Source code for pytorch_forecasting.models.timexer.sub_modules

"""
Implementation of `nn.Modules` for TimeXer model.
"""

import math
from math import sqrt

import numpy as np
import torch
import torch.nn as nn
import torch.nn.functional as F



[docs]
class TriangularCausalMask:
    """
    Triangular causal mask for attention mechanism.
    """

    def __init__(self, B, L, device="cpu"):
        mask_shape = [B, 1, L, L]
        with torch.no_grad():
            self._mask = torch.triu(
                torch.ones(mask_shape, dtype=torch.bool), diagonal=1
            ).to(device)

    @property
    def mask(self):
        return self._mask




[docs]
class FullAttention(nn.Module):
    """
    Full attention mechanism with optional masking and dropout.
    Args:
        mask_flag (bool): Whether to apply masking.
        factor (int): Factor for scaling the attention scores.
        scale (float): Scaling factor for attention scores.
        attention_dropout (float): Dropout rate for attention scores.
        output_attention (bool): Whether to output attention weights.
        use_efficient_attention (bool): Whether to use PyTorch's native,
            optimized Scaled Dot Product Attention implementation which can
            reduce computation time and memory consumption for longer sequences.
            PyTorch automatically selects the optimal backend (FlashAttention-2,
            Memory-Efficient Attention, or their own C++ implementation) based
            on user's input properties, hardware capabilities, and build
            configuration.
    """

    def __init__(
        self,
        mask_flag=True,
        factor=5,
        scale=None,
        attention_dropout=0.1,
        output_attention=False,
        use_efficient_attention=False,
    ):
        super().__init__()

        if output_attention and use_efficient_attention:
            raise ValueError(
                "Cannot output attention scores using efficient attention. "
                "Set `use_efficient_attention=False` or "
                "`output_attention=False`."
            )

        self.scale = scale
        self.mask_flag = mask_flag
        self.output_attention = output_attention
        self.use_efficient_attention = use_efficient_attention
        self.dropout = nn.Dropout(attention_dropout)


[docs]
    def forward(self, queries, keys, values, attn_mask, tau=None, delta=None):
        if self.use_efficient_attention:
            V, A = self._efficient_attention(queries, keys, values, attn_mask)
        else:
            V, A = self._einsum_attention(queries, keys, values, attn_mask)
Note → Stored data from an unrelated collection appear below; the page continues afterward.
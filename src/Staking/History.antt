-- ===== src/Staking/History.antt =====
-- Histories of programs/rise-staking, from the pool's initialisation on.
use rise_protocol.Prelude.{ℕ, ◌≤◌, ◌≡◌, refl, ok, [], arith}
use rise_protocol.Solana.{Pubkey, Runtime, TransferLaws, TokenLaws}
use rise_protocol.Staking.State.{GlobalPool, rate_scale}
use rise_protocol.Staking.World.{World, Addresses, Instruction}
use rise_protocol.Staking.Process.{process}
use rise_protocol.Staking.Cdp.{initialize_pool}
use rise_protocol.Staking.Invariant.{owed, IsSolvent, Keeps, bank-Keeps}
use rise_protocol.Staking.Reachable.{IsApart, IsSigned, process-Keeps}

initialize_pool-eq :
    (authority mint : Pubkey) (bump epoch fee buffer : ℕ) (p : GlobalPool)
    → initialize_pool authority mint bump epoch fee buffer ≡ ok p
    → (p.total_sol_staked ≡ 0)
      × (p.staking_rise_sol_supply ≡ 0)
      × (p.exchange_rate ≡ rate_scale)
      × (p.liquid_buffer_lamports ≡ 0)
      × (p.pending_withdrawals_lamports ≡ 0)
      × (fee ≤ 10_000)
unfolding initialize_pool
initialize_pool-eq authority mint bump epoch fee buffer p h = ground arith

module _ {B : Type 0} (rt : Runtime B) (addr : Addresses) where
  -- What can happen on the chain: an instruction of the program succeeds, or anything else happens
  -- that takes no lamports from the vault, over which the program alone has power.
  pub data Step (w : World B) : World B → Type 0 where
    executes :
        {w' : World B} (i : Instruction) → IsSigned addr i → process rt addr w i ≡ ok w' → Step w w'
    elsewhere :
        (b : B)
        → rt.lamports w.bank addr.pool_vault ≤ rt.lamports b addr.pool_vault
        → Step w (record w { bank = b })

  pub data Reach (w : World B) : World B → Type 0 where
    here : Reach w w
    next : {u v : World B} → Reach w u → Step u v → Reach w v

  module _ (transfers : TransferLaws rt) (tokens : TokenLaws rt) (apart : IsApart addr) where
    Step-Keeps : {w w' : World B} → Step w w' → IsSolvent rt addr w → Keeps rt addr w w'
    Step-Keeps {w} {w'} (executes i signed run) inv =
        process-Keeps rt addr transfers tokens apart w w' inv i signed run
    Step-Keeps {w} {w'} (elsewhere b le) inv = bank-Keeps rt addr w w' inv le refl refl

    -- From a solvent world every history leads to solvent worlds only, and the exchange rate never
    -- falls along it.
    pub Reach-Keeps : {w w' : World B} → IsSolvent rt addr w → Reach w w' → Keeps rt addr w w'
    Reach-Keeps inv here = (inv, omega arith)
    Reach-Keeps inv (next r st) =
        let (inv', grows) = Reach-Keeps inv r in
        let (inv'', grows') = Step-Keeps st inv' in (inv'', omega (arith, grows, grows'))

    initialize_pool-IsSolvent :
        (authority mint : Pubkey) (bump epoch fee buffer : ℕ) (w : World B)
        → initialize_pool authority mint bump epoch fee buffer ≡ ok w.pool
        → w.tickets ≡ []
        → IsSolvent rt addr w
    unfolding owed
    initialize_pool-IsSolvent authority mint bump epoch fee buffer w h e =
        let facts = initialize_pool-eq authority mint bump epoch fee buffer w.pool h in
        record { sound = grind (arith, facts); tickets_owed = rw e (omega (arith, facts)) }

    -- From a pool that was just initialised, with no ticket yet, every history of instructions and of
    -- other events that leave the vault's lamports in place leads to a world in which the vault
    -- covers the liquid buffer and the queued withdrawals, the buffer covers the staked SOL, the
    -- staked SOL covers the staking supply at the exchange rate, the rate is at least 1.0, and the
    -- open tickets add up to the queued withdrawals; and the rate has not fallen on the way.
    pub history-IsSolvent :
        (authority mint : Pubkey) (bump epoch fee buffer : ℕ) {w w' : World B}
        → initialize_pool authority mint bump epoch fee buffer ≡ ok w.pool
        → w.tickets ≡ []
        → Reach w w'
        → IsSolvent rt addr w' × (w.pool.exchange_rate ≤ w'.pool.exchange_rate)
    history-IsSolvent authority mint bump epoch fee buffer {w} h e reach =
        Reach-Keeps (initialize_pool-IsSolvent authority mint bump epoch fee buffer w h e) reach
        if self.output_attention:
            return V.contiguous(), A
        else:
            return V.contiguous(), None


    def _einsum_attention(self, queries, keys, values, attn_mask):
        B, L, H, E = queries.shape
        _, S, _, D = values.shape
        scale = self.scale or 1.0 / sqrt(E)
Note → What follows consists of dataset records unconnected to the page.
-- ===== src/Staking/Authority.antt =====
-- Who may do what, and what no instruction can change.
use rise_protocol.Prelude.{
  ℕ, ◌≡◌, refl, ok, arith, Bool, bind-eq_ok, or_fault, uninitialized, ◌>>=◌,
}
use rise_protocol.Solana.{Pubkey, Runtime}
use rise_protocol.Staking.State.{GlobalPool, Outcome}
use rise_protocol.Staking.Rate.{
  update_exchange_rate, recognise, credit_rewards, credit_staking_revenue, refresh_rate,
  receive_cdp_liquidity,
}
use rise_protocol.Staking.Cdp.{set_cdp_config, notify_rise_sol_burned}
use rise_protocol.Staking.World.{
  World, Addresses, Instruction, stakes, unstakes, claims, updates_rate, collects_fees,
  configures_treasury, registers_revenue, receives_liquidity, notifies_burn, sets_cdp_config,
  withdraws_for_buyback, mints_for_cdp, credits_revenue, initializes_rewards, checkpoints,
  registers_rewards, claims_rewards, closes_rewards, withdraws_reserve, check_absent, load_optional,
  find_ticket,
}
use rise_protocol.Staking.Process.{process, process_stake, process_unstake, process_claim, set_pool}
use rise_protocol.Staking.Sound.{credit_stake-eq, queue_withdrawal-eq}
use rise_protocol.Staking.Effects.{stake_sol-calls, unstake_rise_sol-calls, claim_unstake-calls}
use rise_protocol.Staking.History.{Reach, executes, elsewhere, here, next}

-- The settings of the pool that its initialisation fixes.
pub record SameSettings (p p' : GlobalPool) : Type 0 where
  pub authority : p'.authority ≡ p.authority
  pub mint : p'.rise_sol_mint ≡ p.rise_sol_mint
  pub fee : p'.protocol_fee_bps ≡ p.protocol_fee_bps
  pub buffer_target : p'.liquid_buffer_target_bps ≡ p.liquid_buffer_target_bps
  pub paused : p'.paused ≡ p.paused

SameSettings-refl : (p : GlobalPool) → SameSettings p p
SameSettings-refl p = ground arith

SameSettings-trans : (p q r : GlobalPool) → SameSettings p q → SameSettings q r → SameSettings p r
SameSettings-trans p q r h k = ground arith

module _ {B : Type 0} (rt : Runtime B) (vault : Pubkey) (p p' : GlobalPool) (b : B) where
  pub update_exchange_rate-SameSettings :
      update_exchange_rate rt p vault b ≡ ok p' → SameSettings p p'
  unfolding update_exchange_rate recognise credit_rewards
  update_exchange_rate-SameSettings h = ground arith

  credit_staking_revenue-SameSettings :
      (n : ℕ) → credit_staking_revenue rt p vault n b ≡ ok p' → SameSettings p p'
  unfolding credit_staking_revenue refresh_rate
  credit_staking_revenue-SameSettings n h = ground arith

  receive_cdp_liquidity-SameSettings :
      (n : ℕ) → receive_cdp_liquidity rt p vault n b ≡ ok p' → SameSettings p p'
  unfolding receive_cdp_liquidity
  receive_cdp_liquidity-SameSettings n h = ground arith

notify_rise_sol_burned-SameSettings :
    (c : Pubkey) (n : ℕ) (p p' : GlobalPool)
    → notify_rise_sol_burned c n p ≡ ok p'
    → SameSettings p p'
unfolding notify_rise_sol_burned
notify_rise_sol_burned-SameSettings c n p p' h = ground arith

set_cdp_config-SameSettings :
    (a k : Pubkey) (p p' : GlobalPool) → set_cdp_config a k p ≡ ok p' → SameSettings p p'
unfolding set_cdp_config
set_cdp_config-SameSettings a k p p' h = ground arith

module _ {B : Type 0} (rt : Runtime B) (addr : Addresses) (w w' : World B) where
  set_pool-SameSettings :
      (m : Outcome GlobalPool)
      → ((p' : GlobalPool) → m ≡ ok p' → SameSettings w.pool p')
      → set_pool w m ≡ ok w'
      → SameSettings w.pool w'.pool
  set_pool-SameSettings m keeps h =
      let (p', run, last) = bind-eq_ok m _ h in let e : w'.pool ≡ p' = cc in rw e (keeps p' run)

  -- A last step that leaves the pool alone.
  leaves_pool :
      {A : Type 0} (m : Outcome A) (f : A → World B)
      → ((a : A) → (f a).pool ≡ w.pool)
      → (m >>= λ a. ok (f a)) ≡ ok w'
      → SameSettings w.pool w'.pool
  leaves_pool m f same h =
      let (a, _, last) = bind-eq_ok m _ h in
      let e : w' ≡ f a = cc in rw (e, same a) (SameSettings-refl w.pool)

  stakes-SameSettings :
      (user mint account : Pubkey) (c t : Bool) (n : ℕ)
      → process_stake rt addr w user mint account c t n ≡ ok w'
      → SameSettings w.pool w'.pool
  unfolding process_stake
  stakes-SameSettings user mint account c t n h =
      let (_, _, h1) = bind-eq_ok (load_optional c w.config) _ h in
      let (_, _, h2) = bind-eq_ok (load_optional t (w.trackers user)) _ h1 in
      let (r, run, last) = bind-eq_ok _ _ h2 in
      let (m, _, _, credit, _, _) = stake_sol-calls rt _ r.0 n w.bank r.1 run in
      let e : w'.pool ≡ r.0.pool = cc in
      rw (e, credit_stake-eq w.pool n m r.0.pool credit) (ground arith)

  unstakes-SameSettings :
      (user mint account : Pubkey) (c t : Bool) (n : ℕ)
      → process_unstake rt addr w user mint account c t n ≡ ok w'
      → SameSettings w.pool w'.pool
  unfolding process_unstake
  unstakes-SameSettings user mint account c t n h =
      let (_, _, h0) =
        bind-eq_ok (check_absent (find_ticket user w.pool.unstake_nonce w.tickets)) _ h in
      let (_, _, h1) = bind-eq_ok (load_optional c w.config) _ h0 in
      let (_, _, h2) = bind-eq_ok (load_optional t (w.trackers user)) _ h1 in
      let (r, run, last) = bind-eq_ok _ _ h2 in
      let (_, queue, _, _, _, _) = unstake_rise_sol-calls rt _ r.0 n r.1 w.bank r.2 run in
      let e : w'.pool ≡ r.0.pool = cc in
      rw (e, (queue_withdrawal-eq w.pool n r.1.sol_amount r.0.pool queue).0) (ground arith)

  claims-SameSettings :
      (owner : Pubkey) (nonce : ℕ)
      → process_claim rt addr w owner nonce ≡ ok w'
      → SameSettings w.pool w'.pool
  unfolding process_claim
  claims-SameSettings owner nonce h =
      let (t, _, h1) =
        bind-eq_ok (or_fault (find_ticket owner nonce w.tickets) uninitialized) _ h in
      let (r, run, last) = bind-eq_ok _ _ h1 in
      let (_, _, _, _, e') = claim_unstake-calls rt _ w.bank r.0 r.1 run in
      let e : w'.pool ≡ r.0 = cc in rw (e, e') (ground arith)

  process-SameSettings :
      (i : Instruction) → process rt addr w i ≡ ok w' → SameSettings w.pool w'.pool
  unfolding process
  process-SameSettings (stakes u m a c t n) h = stakes-SameSettings u m a c t n h
  process-SameSettings (unstakes u m a c t n) h = unstakes-SameSettings u m a c t n h
  process-SameSettings (claims owner nonce) h = claims-SameSettings owner nonce h
  process-SameSettings updates_rate h =
      set_pool-SameSettings _
        (λ p' run. update_exchange_rate-SameSettings rt addr.pool_vault w.pool p' w.bank run) h
  process-SameSettings (collects_fees t g) h = leaves_pool _ _ (λ r. refl) h
  process-SameSettings (configures_treasury a t f s) h = leaves_pool _ _ (λ r. refl) h
  process-SameSettings (registers_revenue c g v r) h = leaves_pool _ _ (λ r. refl) h
  process-SameSettings (receives_liquidity n) h =
      set_pool-SameSettings _
        (λ p' run. receive_cdp_liquidity-SameSettings rt addr.pool_vault w.pool p' w.bank n run) h
  process-SameSettings (notifies_burn c n) h =
      set_pool-SameSettings _ (λ p' run. notify_rise_sol_burned-SameSettings c n w.pool p' run) h
  process-SameSettings (sets_cdp_config a k) h =
      set_pool-SameSettings _ (λ p' run. set_cdp_config-SameSettings a k w.pool p' run) h
  process-SameSettings (withdraws_for_buyback c v n) h = leaves_pool _ _ (λ r. refl) h
  process-SameSettings (mints_for_cdp c m r n) h = leaves_pool _ _ (λ r. refl) h
  process-SameSettings (credits_revenue n) h =
      set_pool-SameSettings _
        (λ p' run. credit_staking_revenue-SameSettings rt addr.pool_vault w.pool p' w.bank n run) h
  process-SameSettings (initializes_rewards a m e s) h =
      let (_, _, h1) = bind-eq_ok (check_absent w.config) _ h in leaves_pool _ _ (λ r. refl) h1
  process-SameSettings checkpoints h =
      let (c, _, h1) = bind-eq_ok (or_fault w.config uninitialized) _ h in
      leaves_pool _ _ (λ r. refl) h1
  process-SameSettings (registers_rewards u a) h =
      let (_, _, h0) = bind-eq_ok (check_absent (w.trackers u)) _ h in
      let (c, _, h1) = bind-eq_ok (or_fault w.config uninitialized) _ h0 in
      leaves_pool _ _ (λ r. refl) h1
  process-SameSettings (claims_rewards u a) h =
      let (c, _, h0) = bind-eq_ok (or_fault w.config uninitialized) _ h in
      let (t, _, h1) = bind-eq_ok (or_fault (w.trackers u) uninitialized) _ h0 in
      leaves_pool _ _ (λ r. refl) h1
  process-SameSettings (closes_rewards au a) h =
      let (c, _, h0) = bind-eq_ok (or_fault w.config uninitialized) _ h in
      leaves_pool _ _ (λ r. refl) h0
  process-SameSettings (withdraws_reserve au d n) h = leaves_pool _ _ (λ r. refl) h

-- No history changes the pool's authority, its mint, its fee, its buffer target or whether it is
-- paused: the program has no instruction that pauses a pool.
pub Reach-SameSettings :
    {B : Type 0} (rt : Runtime B) (addr : Addresses) {w w' : World B}
    → Reach rt addr w w'
    → SameSettings w.pool w'.pool
Reach-SameSettings rt addr {w} here = SameSettings-refl w.pool
Reach-SameSettings rt addr {w} {w'} (next {u = u} r (executes i _ run)) =
    SameSettings-trans w.pool u.pool w'.pool (Reach-SameSettings rt addr r)
      (process-SameSettings rt addr u w' i run)
Reach-SameSettings rt addr (next r (elsewhere b le)) = Reach-SameSettings rt addr r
        scores = torch.einsum("blhe,bshe->bhls", queries, keys)

        if self.mask_flag:
            if attn_mask is None:
                attn_mask = TriangularCausalMask(B, L, device=queries.device)
            scores.masked_fill_(attn_mask.mask, -np.abs)
        A = self.dropout(torch.softmax(scale * scores, dim=-1))
        V = torch.einsum("bhls,bshd->blhd", A, values)

        return V, A

    def _efficient_attention(self, queries, keys, values, attn_mask):
        # SDPA expects [B, H, L, E] shape
        queries = queries.transpose(1, 2)
        keys = keys.transpose(1, 2)
        values = values.transpose(1, 2)

        V = nn.functional.scaled_dot_product_attention(
            query=queries,
            key=keys,
            value=values,
            attn_mask=attn_mask.mask if attn_mask is not None else None,
            dropout_p=self.dropout.p if self.training else 0.0,
            is_causal=self.mask_flag if attn_mask is None else False,
            scale=self.scale,  # if == None, PyTorch computes internally
        )

        V = V.transpose(1, 2)

        return V, None




[docs]
class AttentionLayer(nn.Module):
    """
    Attention layer that combines query, key, and value projections with an attention
    mechanism.
    Args:
        attention (nn.Module): Attention mechanism to use.
        d_model (int): Dimension of the model.
        n_heads (int): Number of attention heads.
        d_keys (int, optional): Dimension of the keys. Defaults to d_model // n_heads.
        d_values (int, optional):
            Dimension of the values. Defaults to d_model // n_heads.
    """

    def __init__(self, attention, d_model, n_heads, d_keys=None, d_values=None):
        super().__init__()

        d_keys = d_keys or (d_model // n_heads)
        d_values = d_values or (d_model // n_heads)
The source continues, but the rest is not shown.